Stored items
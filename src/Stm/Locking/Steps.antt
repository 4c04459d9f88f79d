-- ===== src/Stm/Locking/Steps.antt =====
-- All that transactions do on one processor, in any interleaving, and what holds at every point.
use mathlib.Core.Path.{subst}
use cluster_stm.Common.{ℕ, ◌<◌, ◌≡◌, inl, inr, some, ap, Option-cases}
use cluster_stm.Stm.Types.{ok-injective, ok, LockType, read, write, Config, StmStatus}
use cluster_stm.Stm.Hashmap.{get-store_self, get-store_ne}
use cluster_stm.Stm.Node.{DatasetEntry, Libs, Node, entry_of, write_bytes, read_bytes}
use cluster_stm.Stm.Open.{open_block}
use cluster_stm.Stm.Copy.{copy_chunk, memcpy, buffer_of}
use cluster_stm.Stm.Finish.{stm_finish_local}
use cluster_stm.Stm.Locking.Addresses.{IsAligned}
use cluster_stm.Stm.Locking.Invariant.{IsVisible, Inv, Inv-keep, mode_of}
use cluster_stm.Stm.Locking.Opening.{open_read-Inv, open_write-Inv, store-IsKeyed}
use cluster_stm.Stm.Locking.Finishing.{stm_finish_local-Inv}

-- One access to the shared state: a block is opened, bytes are copied, or a transaction ends.
pub data Step {l : Libs} (c : Config) (procs : ℕ) (n : Node l) : Node l → Type 0 where
  open_step :
      (p a : ℕ) (t : LockType)
      → p < procs
      → IsAligned n.share_power a
      → Step c procs n (open_block c n p a t).0
  chunk_step :
      {n' : Node l} (p a offset prv count : ℕ) (t : LockType)
      → copy_chunk n p a offset prv count t ≡ ok n'
      → Step c procs n n'
  memcpy_step : (dest src nbytes : ℕ) → Step c procs n (memcpy n dest src nbytes)
  finish_step :
      (p : ℕ) (status : StmStatus) → p < procs → Step c procs n (stm_finish_local c n p status).0

pub data Reach {l : Libs} (c : Config) (procs : ℕ) (n : Node l) : Node l → Type 0 where
  here : Reach c procs n n
  later : {n' n'' : Node l} → Reach c procs n n' → Step c procs n' n'' → Reach c procs n n''

pub open_block-Inv :
    {l : Libs} {procs : ℕ} {c : Config} {n : Node l} (v : IsVisible c) (p a : ℕ) (t : LockType)
    → p < procs
    → Inv procs n
    → IsAligned n.share_power a
    → Inv procs (open_block c n p a t).0
unfolding open_block
open_block-Inv v p a read lt inv al = open_read-Inv v p a lt inv al
open_block-Inv v p a write lt inv al = open_write-Inv v p a lt inv al

module _ {l : Libs} {procs : ℕ} {n : Node l} (inv : Inv procs n) where
  -- The lock state does not depend on the contents of memory.
  pub mem-Inv : (mem : ℕ → ℕ) → Inv procs (record n { mem = mem })
  mem-Inv mem = record { few = inv.few; guarded = inv.guarded; keyed = inv.keyed }

  memcpy-Inv : (dest src k : ℕ) → Inv procs (memcpy n dest src k)
  unfolding memcpy
  memcpy-Inv dest src k = mem-Inv _

  pub copy_chunk-Inv :
      {n' : Node l} (p a offset prv count : ℕ) (t : LockType)
      → copy_chunk n p a offset prv count t ≡ ok n'
      → Inv procs n'
  unfolding copy_chunk
  copy_chunk-Inv p a offset prv count read h = elim (Option-cases (buffer_of (entry_of n p a))) [
    | inl e ↦ subst (Inv procs) (ok-injective (rw (e, copy_chunk) at h)) (memcpy-Inv _ _ _)
    | inr (b, e) ↦ subst (Inv procs) (ok-injective (rw (e, copy_chunk) at h)) (mem-Inv _)
  ]
  copy_chunk-Inv p a offset prv count write h = elim (Option-cases (entry_of n p a)) [
    | inl e ↦ absurd (cc (rw (e, copy_chunk) at h))
    | inr (e, have) ↦ elim (Option-cases e.wb_data) [
      | inl e' ↦ absurd (cc (rw (have, copy_chunk, e') at h))
      | inr (b, e') ↦ subst (Inv procs) (ok-injective (rw (have, copy_chunk, e') at h)) (
          let ds = (n.tx_dors p).dataset in
          let f : DatasetEntry = record e {
            wb_data = some (write_bytes b offset count (read_bytes n.mem prv));
          } in
          Inv-keep inv p a (inv.keyed p a e have) (l.datasets.store ds a f)
            (λ k ne. ap mode_of (get-store_ne l.datasets ds a f e have k ne))
            (store-IsKeyed l n.share_power ds a (inv.keyed p a e have) (inv.keyed p) f e have)
            (rw (get-store_self l.datasets ds a f e have, have)))
    ]
  ]

-- Every step keeps the lock invariant, in the configurations with visible readers and early locks:
-- each word describes exactly the entries of the descriptors for its block.
pub Step-Inv :
    {l : Libs} {c : Config} {procs : ℕ} {n n' : Node l}
    → IsVisible c
    → Inv procs n
    → Step c procs n n'
    → Inv procs n'
Step-Inv v inv (open_step p a t lt al) = open_block-Inv v p a t lt inv al
Step-Inv v inv (chunk_step p a offset prv count t e) = copy_chunk-Inv inv p a offset prv count t e
Step-Inv v inv (memcpy_step dest src k) = memcpy-Inv inv dest src k
Step-Inv v inv (finish_step p status lt) = stm_finish_local-Inv v p lt status inv

pub Reach-Inv :
    {l : Libs} {c : Config} {procs : ℕ} {n n' : Node l}
    → IsVisible c
    → Inv procs n
    → Reach c procs n n'
    → Inv procs n'
Reach-Inv v inv here = inv
Reach-Inv v inv (later r s) = Step-Inv v (Reach-Inv v inv r) s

**What the task asks**
Give back each record, exactly as it reads.

**Task solution**
filename src/Stm/Locking/Steps.antt
repository 4c04459d9f88f79d
-- ===== src/Stm/Locking/Steps.antt =====
-- All that transactions do on one processor, in any interleaving, and what holds at every point.
use mathlib.Core.Path.{subst}
use cluster_stm.Common.{ℕ, ◌<◌, ◌≡◌, inl, inr, some, ap, Option-cases}
use cluster_stm.Stm.Types.{ok-injective, ok, LockType, read, write, Config, StmStatus}
use cluster_stm.Stm.Hashmap.{get-store_self, get-store_ne}
use cluster_stm.Stm.Node.{DatasetEntry, Libs, Node, entry_of, write_bytes, read_bytes}
use cluster_stm.Stm.Open.{open_block}
use cluster_stm.Stm.Copy.{copy_chunk, memcpy, buffer_of}
use cluster_stm.Stm.Finish.{stm_finish_local}
use cluster_stm.Stm.Locking.Addresses.{IsAligned}
use cluster_stm.Stm.Locking.Invariant.{IsVisible, Inv, Inv-keep, mode_of}
use cluster_stm.Stm.Locking.Opening.{open_read-Inv, open_write-Inv, store-IsKeyed}
use cluster_stm.Stm.Locking.Finishing.{stm_finish_local-Inv}

-- One access to the shared state: a block is opened, bytes are copied, or a transaction ends.
pub data Step {l : Libs} (c : Config) (procs : ℕ) (n : Node l) : Node l → Type 0 where
  open_step :
      (p a : ℕ) (t : LockType)
      → p < procs
      → IsAligned n.share_power a
      → Step c procs n (open_block c n p a t).0
  chunk_step :
      {n' : Node l} (p a offset prv count : ℕ) (t : LockType)
      → copy_chunk n p a offset prv count t ≡ ok n'
      → Step c procs n n'
  memcpy_step : (dest src nbytes : ℕ) → Step c procs n (memcpy n dest src nbytes)
  finish_step :
      (p : ℕ) (status : StmStatus) → p < procs → Step c procs n (stm_finish_local c n p status).0

pub data Reach {l : Libs} (c : Config) (procs : ℕ) (n : Node l) : Node l → Type 0 where
  here : Reach c procs n n
  later : {n' n'' : Node l} → Reach c procs n n' → Step c procs n' n'' → Reach c procs n n''

pub open_block-Inv :
    {l : Libs} {procs : ℕ} {c : Config} {n : Node l} (v : IsVisible c) (p a : ℕ) (t : LockType)
    → p < procs
    → Inv procs n
    → IsAligned n.share_power a
    → Inv procs (open_block c n p a t).0
unfolding open_block
open_block-Inv v p a read lt inv al = open_read-Inv v p a lt inv al
open_block-Inv v p a write lt inv al = open_write-Inv v p a lt inv al

module _ {l : Libs} {procs : ℕ} {n : Node l} (inv : Inv procs n) where
  -- The lock state does not depend on the contents of memory.
  pub mem-Inv : (mem : ℕ → ℕ) → Inv procs (record n { mem = mem })
  mem-Inv mem = record { few = inv.few; guarded = inv.guarded; keyed = inv.keyed }

  memcpy-Inv : (dest src k : ℕ) → Inv procs (memcpy n dest src k)
  unfolding memcpy
  memcpy-Inv dest src k = mem-Inv _

  pub copy_chunk-Inv :
      {n' : Node l} (p a offset prv count : ℕ) (t : LockType)
      → copy_chunk n p a offset prv count t ≡ ok n'
      → Inv procs n'
  unfolding copy_chunk
  copy_chunk-Inv p a offset prv count read h = elim (Option-cases (buffer_of (entry_of n p a))) [
    | inl e ↦ subst (Inv procs) (ok-injective (rw (e, copy_chunk) at h)) (memcpy-Inv _ _ _)
    | inr (b, e) ↦ subst (Inv procs) (ok-injective (rw (e, copy_chunk) at h)) (mem-Inv _)
  ]
  copy_chunk-Inv p a offset prv count write h = elim (Option-cases (entry_of n p a)) [
    | inl e ↦ absurd (cc (rw (e, copy_chunk) at h))
    | inr (e, have) ↦ elim (Option-cases e.wb_data) [
      | inl e' ↦ absurd (cc (rw (have, copy_chunk, e') at h))
      | inr (b, e') ↦ subst (Inv procs) (ok-injective (rw (have, copy_chunk, e') at h)) (
          let ds = (n.tx_dors p).dataset in
          let f : DatasetEntry = record e {
            wb_data = some (write_bytes b offset count (read_bytes n.mem prv));
          } in
          Inv-keep inv p a (inv.keyed p a e have) (l.datasets.store ds a f)
            (λ k ne. ap mode_of (get-store_ne l.datasets ds a f e have k ne))
            (store-IsKeyed l n.share_power ds a (inv.keyed p a e have) (inv.keyed p) f e have)
            (rw (get-store_self l.datasets ds a f e have, have)))
    ]
  ]

-- Every step keeps the lock invariant, in the configurations with visible readers and early locks:
-- each word describes exactly the entries of the descriptors for its block.
pub Step-Inv :
    {l : Libs} {c : Config} {procs : ℕ} {n n' : Node l}
    → IsVisible c
    → Inv procs n
    → Step c procs n n'
    → Inv procs n'
Step-Inv v inv (open_step p a t lt al) = open_block-Inv v p a t lt inv al
Step-Inv v inv (chunk_step p a offset prv count t e) = copy_chunk-Inv inv p a offset prv count t e
Step-Inv v inv (memcpy_step dest src k) = memcpy-Inv inv dest src k
Step-Inv v inv (finish_step p status lt) = stm_finish_local-Inv v p lt status inv

pub Reach-Inv :
    {l : Libs} {c : Config} {procs : ℕ} {n n' : Node l}
    → IsVisible c
    → Inv procs n
    → Reach c procs n n'
    → Inv procs n'
Reach-Inv v inv here = inv
Reach-Inv v inv (later r s) = Step-Inv v (Reach-Inv v inv r) s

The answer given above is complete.